= Georg Steinmetz =

German Architect

Georg Steinmetz (September 28, 1882, Kassel – April 4, 1936, Berlin) was a German architect.

== Life and work ==
After studying architecture at the Berlin Art Academy, where he was a master student of Franz Schwechten, and at the Technical University of Charlottenburg, he initially worked for five years as an architect in the Prussian Ministry of Public Works in Berlin. In 1908, Steinmetz became an employee in Helmuth Grisebach's architectural office in Berlin. Since 1912 at the latest, he was co-owner of the joint office Grisebach and Steinmetz.

After 1918, he worked as a self-employed architect in Berlin, where he had an architectural office in Charlottenburg. From 1925 to 1936, he was a member of the Prussian Academy of Arts and the Prussian Academy of Civil Engineering. In 1925, the Stuttgart Technical University awarded him an honorary doctorate (Dr.-Ing. E. h.). He was also the inventor of the plan-spiral drawing registry (with 38 patents). In his writings, he represented the idea of solid craftsmanship as a basis for architecture. In 1928, Steinmetz was with Heinrich Tessenow, Paul Bonatz, German Bestelmeyer, and others as judges of the limited competition Neue Universität (Heidelberg). In 1924, Rudolf Schwarz was his colleague for a few weeks.

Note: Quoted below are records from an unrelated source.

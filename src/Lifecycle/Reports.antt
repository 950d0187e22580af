-- ===== src/Lifecycle/Reports.antt =====
-- src/services/lifecycle_steps.rs: what a result tells of the failures in a step.
use matrix_identity_admin.Prelude.{
  List, [], ◌∷◌, Option, none, some, Bool, true, false, ◌&&◌, ◌≡◌, refl, sym, arith,
}
use matrix_identity_admin.Text.{Text}
use matrix_identity_admin.Models.Error.{AppError, Result, Done, ok, err, is_ok}
use matrix_identity_admin.Models.Workflow.{
  WorkflowOutcome, no_warnings, warn_on, clean, clean-add_warning, clean-extend, clean-warn_on,
}
use matrix_identity_admin.Models.Audit.{Metadata}
use matrix_identity_admin.Models.Accounts.{MasUser, MasSession, SessionListResult}
use matrix_identity_admin.Effects.Event.{Op}
use matrix_identity_admin.Effects.Exec.{Exec, call, pure, or_return, ◌>>=◌}
use matrix_identity_admin.Effects.Clients.{KeycloakIdentityProvider, AuthService, is_complete}
use matrix_identity_admin.Effects.Reports.{
  Reports, Reports-pure, Reports-from, Reports-call_if, Reports-bind, Reports-or_return,
}
use matrix_identity_admin.AuditService.{AuditService, Actor, log, insert}
use matrix_identity_admin.Lifecycle.{
  Subject, log_result, audit_failed, not_revoked, revoke_each, revoke_listed, revoke_found,
  revoke_auth_sessions, force_identity_logout, disable_identity_account, enable_identity_account,
  deactivate_auth_account, reactivate_auth_account,
}

pub two_warnings :
    {A B : Type 0} (r : Result A) (l : Result B) (f g : AppError → Text) (o : WorkflowOutcome)
    → (clean o && is_ok r && is_ok l) ≡ clean (warn_on r f (warn_on l g o))
two_warnings r l f g o = ground (arith, clean-warn_on r f (warn_on l g o), clean-warn_on l g o)

module _ {W : Type 0} (audit : AuditService W) (who : Actor) (user : Subject) where
  log_result-Reports :
      (before : Bool) (action : Text) (good : Bool) (metadata : Metadata)
      → Reports (λ l. before && is_ok l) before (log_result audit who user action good metadata)
  unfolding log_result log insert ◌>>=◌
  log_result-Reports before action good metadata = record { at = λ w. ground arith }

  pub logged-Reports :
      (A B : Type 0) (good : B → Bool) (before : Bool) (op : Op) (f : W → Result A × W)
      (action : Text) (metadata : Metadata) (k : Result A → Done → Exec W B)
      → ((r : Result A) (l : Done) → Reports good (before && is_ok r && is_ok l) (k r l))
      → Reports good before
          (call op f >>= λ r. log_result audit who user action (is_ok r) metadata >>= k r)
  logged-Reports A B good before op f action metadata k hk =
      Reports-bind (λ r. before && is_ok r) good before (call op f) _
        (Reports-call_if before op is_ok f)
        λ r.
          Reports-bind (λ l. before && is_ok r && is_ok l) good (before && is_ok r) _ _
            (log_result-Reports (before && is_ok r) action (is_ok r) metadata) (hk r)

  module _ (mas : AuthService W) where
    revoke_each-Reports :
        (action : Text) (o : WorkflowOutcome) (sessions : List MasSession)
        → Reports clean (clean o) (revoke_each audit who mas user action o sessions)
    unfolding revoke_each
    revoke_each-Reports action o [] = Reports-pure clean (clean o) o refl
    revoke_each-Reports action o (s ∷ rest) =
        logged-Reports _ _ clean (clean o) (Op.finish_session s.id s.session_type) _ _ _ _ λ r l.
          Reports-from clean _ _ _ (sym (two_warnings r l (not_revoked s) audit_failed o))
            (revoke_each-Reports action (warn_on r (not_revoked s) (warn_on l audit_failed o)) rest)

    revoke_listed-Reports :
        (context : Text) (r : Result SessionListResult)
        → Reports clean (is_complete r) (revoke_listed audit who mas context user r)
    unfolding revoke_listed
    revoke_listed-Reports context (err e) =
        Reports-pure clean false _ (clean-add_warning no_warnings _)
    revoke_listed-Reports context (ok l) =
        Reports-from clean _ _ _ (clean-extend no_warnings l.warnings) (revoke_each-Reports _ _ _)

    revoke_found-Reports :
        (context : Text) (r : Result (Option MasUser))
        → Reports clean (is_ok r) (revoke_found audit who mas context user r)
    unfolding revoke_found
    revoke_found-Reports context (err e) =
        Reports-pure clean false _ (clean-add_warning no_warnings _)
    revoke_found-Reports context (ok none) = Reports-pure clean true _ refl
    revoke_found-Reports context (ok (some u)) =
        Reports-bind is_complete clean true _ _
          (Reports-call_if true (Op.list_sessions u.id) is_complete _)
          (revoke_listed-Reports context)

    -- The warnings of `revoke_auth_sessions` are empty exactly when the user lookup succeeded, the
    -- session list was complete, and each active session and its audit entry went through.
    pub revoke_auth_sessions-Reports :
        (context : Text) → Reports clean true (revoke_auth_sessions audit who mas context user)
    unfolding revoke_auth_sessions
    revoke_auth_sessions-Reports context =
        Reports-bind is_ok clean true _ _
          (Reports-call_if true (Op.get_user_by_username user.username) is_ok _)
          (revoke_found-Reports context)

  pub force_identity_logout-Reports :
      (kc : KeycloakIdentityProvider W) (context : Text)
      → Reports clean true (force_identity_logout audit who kc context user)
  unfolding force_identity_logout
  force_identity_logout-Reports kc context =
      logged-Reports _ _ clean true (Op.logout_user user.keycloak_id) _ _ _ _ λ r l.
        Reports-pure clean (is_ok r && is_ok l) _
          (sym (two_warnings r l _ audit_failed no_warnings))

  -- What the fatal steps have in common: the log, and then the result of the call.
  after_log-Reports :
      (r l : Done) → Reports is_ok (is_ok r && is_ok l) (or_return {W = W} (λ _. pure r) l)
  after_log-Reports r l =
      Reports-or_return is_ok (is_ok r) (λ _. pure r) l (λ _. Reports-pure is_ok (is_ok r) r refl)
        (λ e. refl)

  pub disable_identity_account-Reports :
      (kc : KeycloakIdentityProvider W) (context : Text)
      → Reports is_ok true (disable_identity_account audit who kc context user)
  unfolding disable_identity_account
  disable_identity_account-Reports kc context =
      logged-Reports _ _ is_ok true (Op.disable_user user.keycloak_id) _ _ _ _ after_log-Reports

  pub enable_identity_account-Reports :
      (kc : KeycloakIdentityProvider W) (context : Text)
      → Reports is_ok true (enable_identity_account audit who kc context user)
  unfolding enable_identity_account
  enable_identity_account-Reports kc context =
      logged-Reports _ _ is_ok true (Op.enable_user user.keycloak_id) _ _ _ _ after_log-Reports

  pub deactivate_auth_account-Reports :
      (mas : AuthService W) (context auth_user_id : Text)
      → Reports is_ok true (deactivate_auth_account audit who mas context user auth_user_id)
  unfolding deactivate_auth_account
  deactivate_auth_account-Reports mas context auth_user_id =
      logged-Reports _ _ is_ok true (Op.deactivate_user auth_user_id) _ _ _ _ after_log-Reports

  pub reactivate_auth_account-Reports :
      (mas : AuthService W) (context auth_user_id : Text)
      → Reports clean true (reactivate_auth_account audit who mas context user auth_user_id)
  unfolding reactivate_auth_account
  reactivate_auth_account-Reports mas context auth_user_id =
      logged-Reports _ _ clean true (Op.reactivate_user auth_user_id) _ _ _ _ λ r l.
        Reports-pure clean (is_ok r && is_ok l) _
          (sym (two_warnings r l _ audit_failed no_warnings))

Since 1908, he was married to Martha née Schydlow (d. 1934). His final resting place is in the southwest churchyard of Stahnsdorf, Brandenburg.

== Literature ==
- Willy Oskar Dreßler (ed.): Dressler's art handbook . 9th edition, Volume II, Berlin 1930.
- . In: Hans Vollmer (ed.): Founded by Ulrich Thieme and Felix Becker . tape 31 : Siemering–Stephens . EA Seemann, Leipzig 1937, p. 576 .
- Julius Posener : Berlin on the way to a new architecture. The era of Kaiser Wilhelm II (1889–1917). Munich 1979, p. 632.
- Michael Lissok: The “half” Semper Castle. About one of the youngest mansions on Rügen and its architect Georg Steinmetz. In: Rügen impressions. 11th episode, 2001, pp. 339–343.